Beyond Internal Practice: A Business Advantage
At Camplight, our decision-making framework isn’t just an internal practice. It’s fundamentally connected to how we deliver value to our clients. As a strategic tech partner for established, non-technical businesses, we’ve discovered that the same challenges that influence internal team decisions also compromise product and venture development.
The methods we’ve refined for our cooperative governance have become a competitive advantage in how we help clients avoid building the wrong thing, accelerate innovation, and maintain clarity while navigating the chaos of digital transformation.
The Decision-Making Crisis Across Organization Types
Traditional Hierarchies or The Illusion of Efficiency
The conventional wisdom suggests that top-down decisions are faster and clearer. One person (usually at the top) makes the call, and everyone else executes. Simple, right?
The reality we’ve observed is quite different. In hierarchical organizations, information must travel up and down the chain of command, creating bottlenecks and distortion. When decisions are made without incorporating the perspectives of those who will implement them, we see resistance, workarounds, and the infamous “meeting after the meeting” where real concerns are voiced only after the decision-maker has left the room.
We witnessed this firsthand with a client whose traditional structure was actually slowing down critical product decisions. Information about user needs wasn’t reaching decision-makers, while implementation teams felt no ownership of choices made without their input. The result? Lengthy delays and features that missed the mark.
Consensus-Based Organizations or The Inclusion Trap
On the other end of the spectrum, many well-intentioned organizations (including Camplight in our early days) fall into the consensus trap. The thinking goes: “If we include everyone in every decision, we’ll make better choices that everyone supports.”
While inclusive in theory, this approach often leads to decision paralysis or watered-down compromises that represent the lowest common denominator rather than the best solution. We experienced this firsthand in our early days, when reaching consensus on everything from technical architecture to office supplies consumed enormous energy and time.
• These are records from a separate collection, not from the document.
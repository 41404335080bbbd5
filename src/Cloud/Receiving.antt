-- ===== src/Cloud/Receiving.antt =====
-- What the cloud service does with the bytes of a client (the inner loop of `main` in
-- components/cloud/src/main.rs, and `decode_log_data` in client.rs).
pub mod Handled
pub mod Drained
use holistic_framework_for_l.Base.{
  ℕ, zero, suc, ◌+◌, Bool, true, false, Option, none, some, List, [], ◌∷◌, ◌++◌, length, drop,
  Outcome, ok, diverges, ◌>>=◌, ◌>>◌, ◌==◌, if◌then◌else◌,
}
use holistic_framework_for_l.Colors.{Colors, get_color}
use holistic_framework_for_l.Cloud.{
  FirmwareState, unknown, correct, incorrect, Message, log, init_fw_update, fw_chunk,
  finish_fw_update, reset, halt, get_info, info, error, halted, FeedResult, goes_on, complete,
  invalid, DecodeResult, frame, unexpected_eof, malformed, Codec, Parts, Client, identifier_str,
}

-- `EVENT_INDICATOR_CHAR`, a dollar sign.
abbrev pub event_indicator_char : ℕ
event_indicator_char = 36

-- What a text adds to the file of events: all but the indicator, if it begins with it.
abbrev pub write_event : List ℕ → List (List ℕ) → List (List ℕ)
write_event [] events = events
write_event (c ∷ cs) events = if c == event_indicator_char then events ++ cs ∷ [] else events

-- How the decoding of a buffer ends: it holds no whole frame, a frame of so many bytes, or none.
pub data Decoded : Type 0 where
  incomplete : Decoded
  decoded : List ℕ → ℕ → Decoded
  undecodable : Decoded

-- The `while let` that skips to the next zero.
unfoldable pub skip_message : List ℕ → List ℕ
skip_message [] = []
skip_message (x ∷ buffer) = if x == 0 then buffer else skip_message buffer

abbrev pub judged : ℕ → Option ℕ → FirmwareState
judged expected none = unknown
judged expected (some crc) = if crc == expected then correct else incorrect

abbrev pub is_correct : FirmwareState → Bool
is_correct correct = true
is_correct unknown = false
is_correct incorrect = false

abbrev pub has_id : ℕ → Option ℕ → Bool
has_id id none = false
has_id id (some i) = i == id

module _ (C : Codec) where
  abbrev pub after_feed : (C.CobsDecoder → Decoded) → ℕ → FeedResult × C.CobsDecoder → Decoded
  after_feed others i (goes_on, decoder) = others decoder
  after_feed others i (complete bytes, decoder) = decoded bytes (i + 1)
  after_feed others i (invalid, decoder) = undecodable

  unfoldable pub feed_all : List ℕ → ℕ → C.CobsDecoder → Decoded
  feed_all [] i decoder = incomplete
  feed_all (d ∷ ds) i decoder = after_feed (feed_all ds (i + 1)) i (C.feed d decoder)

  unfoldable pub cobs_decode_from_iter : List ℕ → Decoded
  cobs_decode_from_iter bytes = feed_all bytes 0 C.new

module _ (P : Parts) where
  -- The variables of the loop: the client, all colours, and the lines of the file of events.
  pub record Conversation : Type 0 where
    pub client : Client P
    pub colors : Colors
    pub events : List (List ℕ)

  abbrev pub after_decode :
      (List (List ℕ) → P.logs.State → Outcome (List (List ℕ) × P.logs.State))
      → List (List ℕ)
      → DecodeResult × P.logs.State
      → Outcome (List (List ℕ) × P.logs.State)
  after_decode again events (frame text, decoder) = again (write_event text events) decoder
  after_decode again events (unexpected_eof, decoder) = ok (events, decoder)
  after_decode again events (malformed, decoder) = again events decoder

  -- The loop of `decode_log_data`, for as many rounds as it is given.
  unfoldable pub decode_all :
      ℕ → List (List ℕ) → P.logs.State → Outcome (List (List ℕ) × P.logs.State)
  decode_all zero events decoder = diverges
  decode_all (suc fuel) events decoder =
      after_decode (decode_all fuel) events (P.logs.decode decoder)

  -- A round for each frame that may be pending, and one more.
  unfoldable pub decode_log_data : List ℕ → Conversation → Outcome Conversation
  decode_log_data bytes v = do
    let decoder = P.logs.received bytes v.client.log_decoder
    identifier_str P v.client
    (events, decoder') ← decode_all (suc (P.logs.pending decoder)) v.events decoder
    ok (record v { client = record v.client { log_decoder = decoder' }; events = events })

  -- `Message::Info`. Its texts name the client before and after.
  unfoldable pub take_info : ℕ → ℕ → Option ℕ → Conversation → Outcome Conversation
  take_info expected id crc v = do
    renamed ←
        if has_id id v.client.node_id
        then ok v.client
        else (identifier_str P v.client >> ok (record v.client { node_id = some id }))
    (color, colors) ← get_color v.colors id
    ok (record v {
      client = record renamed { color = color; firmware_state = judged expected crc };
      colors = colors;
    })

  -- The `match` on a message.
  unfoldable pub handle_message : ℕ → Message → Conversation → Outcome Conversation
  handle_message expected (log bytes) v =
      if is_correct v.client.firmware_state then decode_log_data bytes v else ok v
  handle_message expected (info id crc) v = take_info expected id crc v
  handle_message expected (halted h) v = do
    let client = record v.client { halted = some h }
    identifier_str P client
    ok (record v { client = client })
  handle_message expected (error text) v = ok v
  handle_message expected init_fw_update v = ok v
  handle_message expected (fw_chunk offset bytes) v = ok v
  handle_message expected finish_fw_update v = ok v
  handle_message expected reset v = ok v
  handle_message expected halt v = ok v
  handle_message expected get_info v = ok v

  abbrev pub with_buffer : Conversation → List ℕ → Conversation
  with_buffer v buffer = record v { client = record v.client { buffer = buffer } }

  abbrev pub handle_object : ℕ → Option Message → Conversation → Outcome Conversation
  handle_object expected none v = ok v
  handle_object expected (some message) v = handle_message expected message v

  abbrev pub after_cobs :
      (Conversation → Outcome Conversation) → ℕ → Decoded → Conversation → Outcome Conversation
  after_cobs again expected incomplete v = ok v
  after_cobs again expected undecodable v = again (with_buffer v (skip_message v.client.buffer))
  after_cobs again expected (decoded bytes n) v =
      handle_object expected (P.codec.from_reader bytes) (with_buffer v (drop n v.client.buffer))
      >>= again

  -- The loop over the frames in the buffer, for as many rounds as it is given.
  unfoldable pub receive_all : ℕ → ℕ → Conversation → Outcome Conversation
  receive_all zero expected v = diverges
  receive_all (suc fuel) expected v =
      after_cobs (receive_all fuel expected) expected
        (cobs_decode_from_iter P.codec v.client.buffer) v

  -- A round for each byte, and one more.
  unfoldable pub receive_buffered : ℕ → Conversation → Outcome Conversation
  receive_buffered expected v = receive_all (suc (length v.client.buffer)) expected v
In one particularly painful example, a simple decision about our project management tool stretched across three meetings and countless Slack threads over six weeks. Despite all that discussion, the final choice satisfied no one completely and left team members exhausted by the process.
The False Dichotomy
The breakthrough came when we realized we were trapped in a false dichotomy. Decision-making doesn’t have to be either autocratic or consensus-based. Different decisions call for different approaches.
Some decisions benefit from broad input, while others need clear ownership. Some require deep alignment, while others simply need to be made quickly. The key is matching the right method to each situation, a practice that transformed our effectiveness both internally and with clients.
The Trust Foundation
Unlike traditional organizations built on the premise that people need supervision, our decision framework operates on trust. We fundamentally believe that people naturally want to perform good work and can be trusted to act in the organization’s best interest.
This trust foundation makes our decision methods more than just processes, they’re expressions of our fundamental values and beliefs about human potential. When people know they’re trusted, they bring their best thinking to decisions and take ownership of outcomes in a way that command-and-control structures rarely achieve.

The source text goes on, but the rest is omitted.